I have a dormered Cape w/ridge vents & soffit vents
No problems near the ridge this past winter
But I did have snow on the roof for long spells


----------



## Ed the Roofer (Jan 27, 2007)

What brand of Ridge Vent do you have on your home currently?

Does it look like a rolled up brillo pad or furnace filter?

I tried many brands, but found faults with all except for the Shingle Vent II and a knock-off made, called Snow country seems it would be very similar too.

Never a problem since I switched to using that brand exclusively in 1993.

Ed


----------



## PerpetuallyRepairing (Apr 7, 2008)

I have Cor-A Vent installed in 1992. It looks like the V400E.

I called up Air Vent Inc. and they stated their product (Shingle Vent II) doesn't work under snow and recommended I get a power vent. Maybe the sales lady didn't know what she was talking about?

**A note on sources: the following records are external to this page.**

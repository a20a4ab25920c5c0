-- ===== src/Auth/Checks.antt =====
-- crates/storage/src/tokens.rs and crates/server/src/middleware/auth.rs: the checks of a request
-- against the predicates of crates/common/src/types.rs.
use chenni_x_api.Prelude.Int.{ℤ, ◌≤ℤ◌}
use chenni_x_api.Prelude.Lists.{find, Passes, find-Passes}
use chenni_x_api.Prelude.Tests.{◌==◌, ==_iff, if◌then◌else◌}
use chenni_x_api.Prelude.{
  ◌≡◌, String, str_eq, Bool, true, false, not, ◌&&◌, Option, none, some, arith,
}
use chenni_x_api.Common.Types.{
  UserConfig, TokenConfig, AuthContext, token_is_enabled, is_expired, allows_ip, user_is_enabled,
}
use chenni_x_api.Common.Results.{ProxyResult, ok, err}
use chenni_x_api.Auth.{
  AuthDb, get_token_by_key, get_user_by_id, ip_refused, validate_user, validate_found,
  validate_token, Headers, extract_bearer, extract_client_ip, Verdict, admitted, answer_validation,
  validate_bearer, token_auth_middleware, require_role,
}

-- A token with a list of addresses admits a known address of the list.
abbrev pub admits_ip : TokenConfig → Option String → Bool
admits_ip t (some ip) = allows_ip t ip
admits_ip t none = elim t.allow_ips [ none ↦ true | some _ ↦ false ]

-- The token and its user pass every check.
abbrev pub passes : ℤ → Option String → TokenConfig → UserConfig → Bool
passes now client_ip t u =
    token_is_enabled t && not (is_expired t now) && admits_ip t client_ip && user_is_enabled u

-- The context for a token that was found.
abbrev pub context_of : AuthDb → ℤ → Option String → Option TokenConfig → Option AuthContext
context_of db now client_ip none = none
context_of db now client_ip (some t) = elim (find (λ u. u.id == t.user_id) db.users) [
  | none ↦ none
  | some u ↦
      if passes now client_ip t u
      then some record { user = u; token = t; client_ip = client_ip }
      else none
]

-- Where no query is refused, a key is valid exactly when its token passes `is_enabled`,
-- `is_expired` and `allows_ip`, and the token's user exists and is enabled; an unknown address
-- passes only without a list. The context holds that token, that user and the address.
pub validate_token-eq :
    (db : AuthDb) (now : ℤ) (key : String) (client_ip : Option String)
    → db.token_refusal ≡ none
    → db.user_refusal ≡ none
    → validate_token db now key client_ip
      ≡ ok (context_of db now client_ip (find (λ t. str_eq t.key key) db.tokens))
unfolding validate_token validate_found get_token_by_key get_user_by_id ip_refused validate_user
    allows_ip
validate_token-eq db now key client_ip a b = ground arith

-- What is known of an admitted request.
abbrev pub Trusted : ℤ → ℤ → Verdict → Type 0
Trusted now min_role (admitted ctx) =
    (token_is_enabled ctx.token ≡ true)
    × (is_expired ctx.token now ≡ false)
    × (admits_ip ctx.token ctx.client_ip ≡ true)
    × (user_is_enabled ctx.user ≡ true)
    × (ctx.token.user_id ≡ ctx.user.id)
    × (min_role ≤ℤ ctx.user.role)
Trusted now min_role _ = Unit

-- What is known of an answer of the validation.
abbrev pub Vouched : ℤ → ProxyResult (Option AuthContext) → Type 0
Vouched now (ok (some ctx)) = Trusted now ctx.user.role (admitted ctx)
Vouched now _ = Unit

validate_user-Vouched :
    (now : ℤ) (t : TokenConfig) (ip : Option String) (user : Option UserConfig)
    → token_is_enabled t ≡ true
    → is_expired t now ≡ false
    → admits_ip t ip ≡ true
    → Passes (λ u. u.id == t.user_id) user
    → Vouched now (validate_user t ip user)
unfolding validate_user
validate_user-Vouched now t ip none a b c p = tt
validate_user-Vouched now t ip (some user) a b c p = ground (arith, ==_iff user.id t.user_id)

validate_found-Vouched :
    (db : AuthDb) (now : ℤ) (ip : Option String) (found : Option TokenConfig)
    → Vouched now (validate_found db now ip found)
unfolding validate_found get_user_by_id ip_refused allows_ip
validate_found-Vouched db now ip none = tt
validate_found-Vouched db now ip (some t) =
    let user = find (λ u. u.id == t.user_id) db.users in
    ground
      (arith, find-Passes (λ u. u.id == t.user_id) db.users, validate_user-Vouched now t ip user)

validate_token-Vouched :
    (db : AuthDb) (now : ℤ) (key : String) (ip : Option String)
    → Vouched now (validate_token db now key ip)
unfolding validate_token get_token_by_key
validate_token-Vouched db now key ip =
    ground (arith, validate_found-Vouched db now ip (find (λ t. str_eq t.key key) db.tokens))

answer-Trusted :
    (now min_role : ℤ) (r : ProxyResult (Option AuthContext))
    → Vouched now r
    → Trusted now min_role (require_role min_role (answer_validation r))
unfolding require_role answer_validation
answer-Trusted now min_role (err e) v = tt
answer-Trusted now min_role (ok none) v = tt
answer-Trusted now min_role (ok (some ctx)) v = ground arith

bearer-Trusted :
    (db : AuthDb) (now min_role : ℤ) (ip bearer : Option String)
    → Trusted now min_role (require_role min_role (validate_bearer db now ip bearer))
unfolding require_role validate_bearer
bearer-Trusted db now min_role ip none = tt
bearer-Trusted db now min_role ip (some key) =
    answer-Trusted now min_role (validate_token db now key ip)
      (validate_token-Vouched db now key ip)

-- Whatever the database answers, a request that passes the middleware and the check of a role has
-- an enabled, unexpired token that admits its address, and the enabled user whose token it is, of at
-- least that role.
pub require_role-Trusted :
    (db : AuthDb) (now min_role : ℤ) (req : Headers)
    → Trusted now min_role (require_role min_role (token_auth_middleware db now req))
unfolding token_auth_middleware
require_role-Trusted db now min_role req =
    bearer-Trusted db now min_role (extract_client_ip req) (extract_bearer req)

In any event I don't have issues with snow getting inside the house. Isn't that the purpose of those snow ridge vents? How can one brand of ridge vent melt a hole in the snow above it and the others not?

I was off by a factor of 12 with my soffit vent calculations. It looks like my roof area: soffit area is 350:1, well below some references that say you need 150:1 for a 4/12 roof. Perhaps running another continuous strip of soffit vents? There is room for it.

When you have 8 foot long icicles hanging from your house you got to do something about it. Perhaps continuous soffit and ridge vents were never designed for roofs where it is 30 feet between the soffit and the ridge.


----------



## [email protected] (Nov 17, 2008)

There is no reason you can't have both ridge vents and gable vents.

http://roofingcontractorreview.com/Roof-and-Attic-Ventilation.html
http://roofingcontractorreview.com/Roof-Ventilation-The-Short-Circuit-Myth.html

How's your insulation? 

And make sure your soffit vents are clear.

http://roofingcontractorreview.com/Soffit-Vents-and-Attic-Ventilation.html


----------



## PerpetuallyRepairing (Apr 7, 2008)

I agree that the combination of ridge vents and gable vents will not "short circuit" the heat removal. My concern is that if you have a rainy, windy day with the wind blowing at the gable vent, the gable vent will act as an inlet and the ridge vents as an outlet. You could get water coming in the gable vent from the air coming in. I guess if you put a pan directly inside the gable vent, even if you get rain coming in, it would just collect in the pan and eventually evaporate.

You could also have inlets & outlets between gable vents. I am going to segregate the attic into 3 parts, each with its own gable vent so one doesn't act as an inlet to the other. 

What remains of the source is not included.